Task directions: Among the lines of the records, find all that carry the word "cscript" and copy them.

Collected data entries:
• • • • • • •
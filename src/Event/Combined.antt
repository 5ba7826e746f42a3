-- ===== src/Event/Combined.antt =====
-- src/native/native_promise.c and src/runtime/vm_event.c: the tasks of `Promise.all` for plain values, and the
-- run of one of them.
use cscript.Prelude.{
  ℕ, suc, ◌-◌, ◌<◌, ◌≡◌, refl, sym, ap, ◌∙◌, arith, false, List, [], ◌∷◌, ◌++◌, length, set, get_or,
  map, append-append, none, some, ◌==◌, inl, inr, Bool-cases, if◌then◌else◌,
}
use mathlib.Core.List.{append-nil}
use cscript.Value.{Value, undefined}
use cscript.Event.{
  State, fulfilled, Microtask, Promise, new_promise, World, Machine, all, Combine, promise,
  is_pending, as_promise, queue_task, task_of, settle, fulfill,
}
use cscript.Event.Onward.{get_or-set_self, settle-Settles}
use cscript.Event.Runs.{combine, no_combine, collect, conclude, run_combine}
use cscript.Event.Quiet.{Every}
use cscript.Event.Natives.{combine_task, attach}

abbrev pub Plain : Machine → Value → Type 0
Plain m v = as_promise m v ≡ none

abbrev pub blank : List Value → List Value
blank vs = map (λ v. undefined) vs

-- The tasks of a combinator for plain values, from an index on.
abbrev pub tasks_of : ℕ → ℕ → List Value → List Microtask
tasks_of c i [] = []
tasks_of c i (v ∷ vs) = combine_task c (some i) v false ∷ tasks_of c (suc i) vs

pub attach-tasks :
    (m : Machine) (c i : ℕ) (vs : List Value) (w : World)
    → Every (Plain m) vs
    → attach m all c i vs w ≡ record w { queue = w.queue ++ tasks_of c i vs }
unfolding attach
attach-tasks m c i [] w h = ap (λ q. record w { queue = q }) (sym (append-nil w.queue))
attach-tasks m c i (v ∷ vs) w (p, h) = rw p (
    attach-tasks m c (suc i) vs (queue_task (combine_task c (some i) v false) w) h
    ∙ ap (λ q. record w { queue = q })
        (append-append w.queue (combine_task c (some i) v false ∷ []) _))

abbrev pub state_of : ℕ → Value → List Value → List Value → Combine
state_of target array done rest = record {
  results_array = array;
  results = done ++ blank rest;
  remaining = length rest;
  target = target;
  mode = all;
}

-- A combinator that waits for the rest of its values.
pub record Collecting (c target : ℕ) (array : Value) (done rest : List Value) (w : World)
    : Type 0 where
  pub queue : w.queue ≡ tasks_of c (length done) rest
  pub slot : c < length w.combines
  pub state : combine w c ≡ state_of target array done rest
  pub known : target < length w.promises
  pub waiting : promise w target ≡ new_promise

-- One that has its values.
pub record All (c target : ℕ) (array : Value) (values : List Value) (w : World) : Type 0 where
  pub state : (promise w target).state ≡ fulfilled
  pub value : (promise w target).value ≡ array
  pub results : (combine w c).results ≡ values
  pub queue : w.queue ≡ []

set-blank :
    (done : List Value) (v : Value) (rest : List Value)
    → set (done ++ undefined ∷ blank rest) (length done) v ≡ (done ++ v ∷ []) ++ blank rest
set-blank [] v rest = refl
set-blank (x ∷ done) v rest = ap (λ xs. x ∷ xs) (set-blank done v rest)

-- One more value is in; the last one settles the promise.
abbrev pub told : Machine → ℕ → ℕ → Value → List Value → List Value → World → World
told m c target array done rest w =
    let w' : World = record w { combines = set w.combines c (state_of target array done rest) } in
    if suc (length rest) == 1 then fulfill m target array w' else w'

told_state :
    (target : ℕ) (array v : Value) (done rest : List Value)
    → record (state_of target array done (v ∷ rest)) {
      results = set (done ++ undefined ∷ blank rest) (length done) v;
      remaining = suc (length rest) - 1;
    }
      ≡ state_of target array (done ++ v ∷ []) rest
told_state target array v done rest =
    let with_both : List Value → ℕ → Combine =
      λ xs n. record (state_of target array done rest) { results = xs; remaining = n } in
    ap (λ xs. with_both xs (suc (length rest) - 1)) (set-blank done v rest)
    ∙ ap (λ n. with_both ((done ++ v ∷ []) ++ blank rest) n) (omega arith)

collect-told :
    (m : Machine) (c target : ℕ) (array v : Value) (done rest : List Value) (w : World)
    → combine w c ≡ state_of target array done (v ∷ rest)
    → collect m (combine_task c (some (length done)) v false) c v w
      ≡ told m c target array (done ++ v ∷ []) rest w
unfolding collect
collect-told m c target array v done rest w e =
    let finish : Combine → World = λ s.
      if suc (length rest) == 1
      then conclude m all s (record w { combines = set w.combines c s })
      else record w { combines = set w.combines c s } in
    rw e (ap finish (told_state target array v done rest))

pub run_combine-told :
    (m : Machine) (c target : ℕ) (array v : Value) (done rest : List Value) (w : World)
    → combine w c ≡ state_of target array done (v ∷ rest)
    → promise w target ≡ new_promise
    → run_combine m (combine_task c (some (length done)) v false) c w
      ≡ told m c target array (done ++ v ∷ []) rest w
unfolding run_combine
run_combine-told m c target array v done rest w e p =
    rw (e, p) (collect-told m c target array v done rest w e)

settled_same :
    (p : ℕ) (st : State) (v : Value) (w : World)
    → is_pending (promise w p).state ≡ false
    → settle p st v w ≡ w
unfolding settle
settled_same p st v w e = rw e refl

fulfill-plain :
    (m : Machine) (p : ℕ) (v : Value) (w : World)
    → as_promise m v ≡ none
    → fulfill m p v w ≡ settle p fulfilled v w
unfolding fulfill
fulfill-plain m p v w h = elim (Bool-cases (is_pending (promise w p).state)) [
  | inl e ↦ rw (e, h) refl
  | inr e ↦ rw e (sym (settled_same p fulfilled v w e))
]

settle-combines :
    (p : ℕ) (st : State) (v : Value) (w : World) → (settle p st v w).combines ≡ w.combines
unfolding settle
settle-combines p st v w = elim (Bool-cases (is_pending (promise w p).state)) [
  | inl e ↦ rw e refl
  | inr e ↦ rw e refl
]

-- The last value.
pub told-All :
    (m : Machine) (c target : ℕ) (array : Value) (done : List Value) (w : World)
    → as_promise m array ≡ none
    → c < length w.combines
    → target < length w.promises
    → promise w target ≡ new_promise
    → w.queue ≡ []
    → All c target array done (told m c target array done [] w)
told-All m c target array done w flat h k p q =
    let w' : World = record w { combines = set w.combines c (state_of target array done []) } in
    let at =
      settle-Settles target fulfilled array w' k (ap (λ (q : Promise). is_pending q.state) p) in
    let same = get_or-set_self w.combines c (state_of target array done []) no_combine h in
    rw (fulfill-plain m target array w' flat) (record {
      state = at.state;
      value = at.value;
      results =
          ap (λ cs. (get_or cs c no_combine).results) (settle-combines target fulfilled array w')
          ∙ (ap (λ (s : Combine). s.results) same ∙ append-nil done);
      queue =
          at.queued
          ∙ (ap (λ (r : Promise). w.queue ++ map (task_of fulfilled array) r.reactions) p
              ∙ (append-nil w.queue ∙ q));
    })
• • • • • • •
Answer section:
use cscript.Prelude.{
use cscript.Value.{Value, undefined}
use cscript.Event.{
use cscript.Event.Onward.{get_or-set_self, settle-Settles}
use cscript.Event.Runs.{combine, no_combine, collect, conclude, run_combine}
use cscript.Event.Quiet.{Every}
use cscript.Event.Natives.{combine_task, attach}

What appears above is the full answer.